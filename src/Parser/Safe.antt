-- ===== src/Parser/Safe.antt =====
-- json/decoder.go: `parse` does not panic, ends within its fuel, and keeps the source text.
use roundtrip.Base.{
  ℕ, zero, suc, ◌≤◌, ◌<◌, ◌≡◌, refl, Text, codes, List, [], ◌∷◌, Bool, true, false, not, ◌&&◌,
  text_eq, arith,
}
use roundtrip.Chars.{Unicode, IsUnicode}
use roundtrip.Decoder.Rules.{
  size, Keeps, Keeps-refl, Keeps-trans, Safe, bind, weaken, branch, pure-Safe, fail-Safe,
}
use roundtrip.Decoder.Scalars.{
  Parsed, consume_peek-Safe, parse_scalar-Safe, parse_identifier-Safe, parse_object_key-Safe,
  object_key_name-Safe,
}
use roundtrip.Decoder.Steps.{
  Shown, Shown-PeekOk, HasElem, load-Safe, next-Safe, insert_anchor_before-Safe,
  insert_anchor_after-Safe,
}
use roundtrip.Decoder.{
  Node, node, Nodes, nil, start_of, end_of, object_field_node, array_element_node, Decoder,
  unexpected_eof, unexpected_token, duplicate_object_key, M, is_string_token, is_identifier,
  is_colon,
}
use roundtrip.Lexer.Lossless.{PeekOk}
use roundtrip.Parser.{
  contains, close, after_child, parse_member, object_loop, parse_object, parse_element, array_loop,
  parse_array, parse_token, parse,
}
use roundtrip.Token.{
  TokenType, eof, identifier, number, string, comma, delim, NodeType, object, array, string_node,
  number_node, Token, is_eof, is_right_brace, is_right_bracket,
}

right_brace-not-eof : (t : Token) → is_right_brace t ≡ true → is_eof t.type ≡ false
unfolding is_right_brace
right_brace-not-eof t h = ground arith

right_bracket-not-eof : (t : Token) → is_right_bracket t ≡ true → is_eof t.type ≡ false
unfolding is_right_bracket
right_bracket-not-eof t h = ground arith

module _ (u : Unicode) (law : IsUnicode u) where
  close-Safe :
      (typ : NodeType) (start : ℕ) (children : Nodes) (t : Token) (d : Decoder) (bound : ℕ)
      → Shown t d
      → is_eof t.type ≡ false
      → HasElem start d
      → size d ≤ bound
      → Safe d (Parsed bound) (close u typ start children d)
  unfolding close
  close-Safe typ start children t d bound s n h fits = bind (next-Safe u t d s) λ i c p (e, less).
      let small = less n in
      pure-Safe (node typ start i children) p.ready
        (record { start = p.elems start h; end = e; smaller = omega arith })

  -- behind a child
  after_child-Safe :
      (is_close : Token → Bool) (ty : TokenType) (start : ℕ) (done : M Node) (more : Token → M Node)
      (t : Token) (d : Decoder) (bound : ℕ)
      → ((x : Token) → is_close x ≡ true → is_eof x.type ≡ false)
      → ((x : Token) (c : Decoder)
          → Keeps d c
          → Shown x c
          → is_eof x.type ≡ false
          → Safe c (Parsed bound) (done c))
      → ((x : Token) (c : Decoder)
          → Keeps d c
          → Shown x c
          → size c < size d
          → Safe c (Parsed bound) (more x c))
      → Shown t d
      → is_eof t.type ≡ false
      → PeekOk d.lexer
      → Safe d (Parsed bound) (after_child u is_close ty done more t d)
  after_child-Safe is_close comma start done more t d bound closes done_ok more_ok s n r =
      bind (next-Safe u t d s) λ i b p (e, less). consume_peek-Safe u law _ b p.ready λ x c q sx.
        branch (is_close x) _ _
          (λ y.
            branch (not c.syntax.trailing_commas) _ _
              (λ _. fail-Safe unexpected_token x (Shown-PeekOk x c sx))
              λ _. done_ok x c (Keeps-trans p q) sx (closes x y))
          λ _. let small = less n in more_ok x c (Keeps-trans p q) sx (omega (arith, q.shrinks))
  after_child-Safe is_close delim start done more t d bound closes done_ok more_ok s n r =
      branch (not (is_close t)) _ _ (λ _. fail-Safe unexpected_token t r)
        λ _. done_ok t d (Keeps-refl r) s n
  after_child-Safe is_close _ start done more t d bound closes done_ok more_ok s n r =
      fail-Safe unexpected_token t r

  module _ (value : M Node) (limit : ℕ)
      (value_ok : (c : Decoder)
        → PeekOk c.lexer
        → size c < limit
        → Safe c (Parsed (size c)) (value c)) where
    parse_member-Safe :
        (names : List Text) (t : Token) (d : Decoder)
        → Shown t d
        → is_eof t.type ≡ false
        → size d < limit
        → Safe d (λ _ c. size c < size d) (parse_member u value names t d)
    parse_member-Safe names t d s n fits = bind (parse_object_key-Safe u t d s n) λ key d1 p1 k.
        bind (object_key_name-Safe key d1 p1.ready k.start) λ name d2 p2 _.
          bind (load-Safe (start_of key) d2 p2.ready (p2.elems (start_of key) k.start))
            λ key_token d3 p3 _.
              branch (contains u names name) _ _
                (λ _. fail-Safe duplicate_object_key key_token p3.ready)
                λ _. consume_peek-Safe u law _ d3 p3.ready λ c d4 p4 sc.
                  branch (is_eof c.type) _ _
                    (λ _. fail-Safe unexpected_eof c (Shown-PeekOk c d4 sc))
                    λ colon_here.
                      branch (not (is_colon c.type)) _ _
                        (λ _. fail-Safe unexpected_token c (Shown-PeekOk c d4 sc))
                        λ _.
                          let brief = k.smaller in
                          bind (next-Safe u c d4 sc) λ i d5 p5 (e, less).
                            let small = less colon_here in
                            bind
                              (value_ok d5 p5.ready
                                (omega (arith, p2.shrinks, p3.shrinks, p4.shrinks)))
                              λ v d6 p6 w.
                                let tail = w.smaller in
                                let start = p4.elems _ (p3.elems _ (p2.elems _ k.start)) in
                                bind
                                  (insert_anchor_before-Safe (start_of key) d6 p6.ready
                                    (p6.elems _ (p5.elems _ start)))
                                  λ s' d7 p7 _.
                                    bind
                                      (insert_anchor_after-Safe (end_of v) d7 p7.ready
                                        (p7.elems _ w.end))
                                      λ e' d8 p8 _.
                                        pure-Safe (name, object_field_node key v s' e') p8.ready
                                          (omega (
                                            arith, p2.shrinks, p3.shrinks, p4.shrinks, p7.shrinks,
                                            p8.shrinks,
                                          ))

    -- the loop, on as many rounds as there is text
    object_loop-Safe :
        (k start : ℕ) (names : List Text) (children : Nodes) (t : Token) (d : Decoder) (bound : ℕ)
        → Shown t d
        → HasElem start d
        → size d < k
        → size d < limit
        → size d ≤ bound
        → Safe d (Parsed bound) (object_loop u value k start names children t d)
    unfolding object_loop
    object_loop-Safe zero start names children t d bound s h enough fits below = elim enough [ ]
    object_loop-Safe (suc k) start names children t d bound s h enough fits below =
        branch (is_eof t.type) _ _ (λ _. fail-Safe unexpected_eof t (Shown-PeekOk t d s))
          λ n.
            branch
              (not (is_string_token t.type)
                && not (d.syntax.ecma_script_identifiers && is_identifier t.type))
              _ _ (λ _. fail-Safe unexpected_token t (Shown-PeekOk t d s))
              λ _. bind (parse_member-Safe names t d s n fits) λ (name, field) b p less.
                consume_peek-Safe u law _ b p.ready λ c e q sc.
                  branch (is_eof c.type) _ _ (λ _. fail-Safe unexpected_eof c (Shown-PeekOk c e sc))
                    λ m.
                      after_child-Safe is_right_brace c.type start _ _ c e bound right_brace-not-eof
                        (λ x f r sx nx.
                          close-Safe object start _ x f bound sx nx
                            (r.elems _ (q.elems _ (p.elems _ h)))
                            (omega (arith, q.shrinks, r.shrinks)))
                        (λ x f r sx smaller.
                          object_loop-Safe k start (name ∷ names) _ x f bound sx
                            (r.elems _ (q.elems _ (p.elems _ h))) (omega (arith, q.shrinks))
                            (omega (arith, q.shrinks)) (omega (arith, q.shrinks)))
                        sc m q.ready

    parse_object-Safe :
        (k : ℕ) (t : Token) (d : Decoder)
        → Shown t d
        → is_eof t.type ≡ false
        → size d ≤ k
        → size d ≤ limit
        → Safe d (Parsed (size d)) (parse_object u value k d)
    unfolding parse_object
    parse_object-Safe k t d s n enough fits = bind (next-Safe u t d s) λ start b p (h, less).
        let small = less n in
        consume_peek-Safe u law _ b p.ready λ x c q sx.
          let start_in = q.elems start h in
          branch (is_right_brace x) _ _
            (λ y.
              weaken
                (close-Safe object start nil x c (size c) sx (right_brace-not-eof x y) start_in
                  (omega arith))
                λ a e r w. record {
                  start = w.start;
                  end = w.end;
                  smaller = omega (arith, w.smaller, q.shrinks);
                })
            λ _.
              weaken
                (object_loop-Safe k start [] nil x c (size c) sx start_in (omega (arith, q.shrinks))
                  (omega (arith, q.shrinks)) (omega arith))
                λ a e r w. record {
                  start = w.start;
                  end = w.end;
                  smaller = omega (arith, w.smaller, q.shrinks);
                }

    parse_element-Safe :
        (d : Decoder)
        → PeekOk d.lexer
        → size d < limit
        → Safe d (λ _ c. size c < size d) (parse_element u value d)
    parse_element-Safe d r fits = bind (value_ok d r fits) λ v b p w.
        let small = w.smaller in
        bind (insert_anchor_before-Safe (start_of v) b p.ready w.start) λ s c q _.
          bind (insert_anchor_after-Safe (end_of v) c q.ready (q.elems _ w.end)) λ e f x _.
            pure-Safe (array_element_node v s e) x.ready (omega (arith, q.shrinks, x.shrinks))

    array_loop-Safe :
        (k start : ℕ) (children : Nodes) (t : Token) (d : Decoder) (bound : ℕ)
        → Shown t d
        → HasElem start d
        → size d < k
        → size d < limit
        → size d ≤ bound
        → Safe d (Parsed bound) (array_loop u value k start children t d)
    unfolding array_loop
    array_loop-Safe zero start children t d bound s h enough fits below = elim enough [ ]
    array_loop-Safe (suc k) start children t d bound s h enough fits below =
        branch (is_eof t.type) _ _ (λ _. fail-Safe unexpected_eof t (Shown-PeekOk t d s))
          λ n. bind (parse_element-Safe d (Shown-PeekOk t d s) fits) λ element b p less.
            consume_peek-Safe u law _ b p.ready λ c e q sc.
              branch (is_eof c.type) _ _ (λ _. fail-Safe unexpected_eof c (Shown-PeekOk c e sc))
                λ m.
                  after_child-Safe is_right_bracket c.type start _ _ c e bound right_bracket-not-eof
                    (λ x f r sx nx.
                      close-Safe array start _ x f bound sx nx (r.elems _ (q.elems _ (p.elems _ h)))
                        (omega (arith, q.shrinks, r.shrinks)))
                    (λ x f r sx smaller.
                      array_loop-Safe k start _ x f bound sx (r.elems _ (q.elems _ (p.elems _ h)))
                        (omega (arith, q.shrinks)) (omega (arith, q.shrinks))
                        (omega (arith, q.shrinks)))
                    sc m q.ready

    parse_array-Safe :
        (k : ℕ) (t : Token) (d : Decoder)
        → Shown t d
        → is_eof t.type ≡ false
        → size d ≤ k
        → size d ≤ limit
        → Safe d (Parsed (size d)) (parse_array u value k d)
    unfolding parse_array
    parse_array-Safe k t d s n enough fits = bind (next-Safe u t d s) λ start b p (h, less).
        let small = less n in
        consume_peek-Safe u law _ b p.ready λ x c q sx.
          let start_in = q.elems start h in
          branch (is_right_bracket x) _ _
            (λ y.
              weaken
                (close-Safe array start nil x c (size c) sx (right_bracket-not-eof x y) start_in
                  (omega arith))
                λ a e r w. record {
                  start = w.start;
                  end = w.end;
                  smaller = omega (arith, w.smaller, q.shrinks);
                })
            λ _.
              weaken
                (array_loop-Safe k start nil x c (size c) sx start_in (omega (arith, q.shrinks))
                  (omega (arith, q.shrinks)) (omega arith))
                λ a e r w. record {
                  start = w.start;
                  end = w.end;
                  smaller = omega (arith, w.smaller, q.shrinks);
                }

    parse_token-Safe :
        (k : ℕ) (ty : TokenType) (t : Token) (d : Decoder)
        → t.type ≡ ty
        → Shown t d
        → size d ≤ k
        → size d ≤ limit
        → Safe d (Parsed (size d)) (parse_token u value k ty t d)
    unfolding parse_token
    parse_token-Safe k eof t d e s enough fits = fail-Safe unexpected_eof t (Shown-PeekOk t d s)
    parse_token-Safe k string t d e s enough fits =
        parse_scalar-Safe u t d s string_node (rw e refl)
    parse_token-Safe k number t d e s enough fits =
        parse_scalar-Safe u t d s number_node (rw e refl)
    parse_token-Safe k identifier t d e s enough fits = parse_identifier-Safe u t d s (rw e refl)
    parse_token-Safe k delim t d e s enough fits =
        branch (text_eq t.literal (codes "{")) _ _
          (λ _. parse_object-Safe k t d s (rw e refl) enough fits)
          λ _.
            branch (text_eq t.literal (codes "[")) _ _
              (λ _. parse_array-Safe k t d s (rw e refl) enough fits)
              λ _. fail-Safe unexpected_token t (Shown-PeekOk t d s)
    parse_token-Safe k _ t d e s enough fits = fail-Safe unexpected_token t (Shown-PeekOk t d s)

  pub parse-Safe :
      (n : ℕ) (d : Decoder) → PeekOk d.lexer → size d < n → Safe d (Parsed (size d)) (parse u n d)
  unfolding parse
  parse-Safe zero d r enough = elim enough [ ]
  parse-Safe (suc n) d r enough = consume_peek-Safe u law _ d r λ t c p s.
      weaken
        (parse_token-Safe (parse u n) n (parse-Safe n) n t.type t c refl s
          (omega (arith, p.shrinks)) (omega (arith, p.shrinks)))
        λ a e q w. record {
          start = w.start;
          end = w.end;
          smaller = omega (arith, w.smaller, p.shrinks);
        }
• • •
Using the listing above, locate the lines that hold "antt" and copy each one.

filename src/Parser/Safe.antt
-- ===== src/Parser/Safe.antt =====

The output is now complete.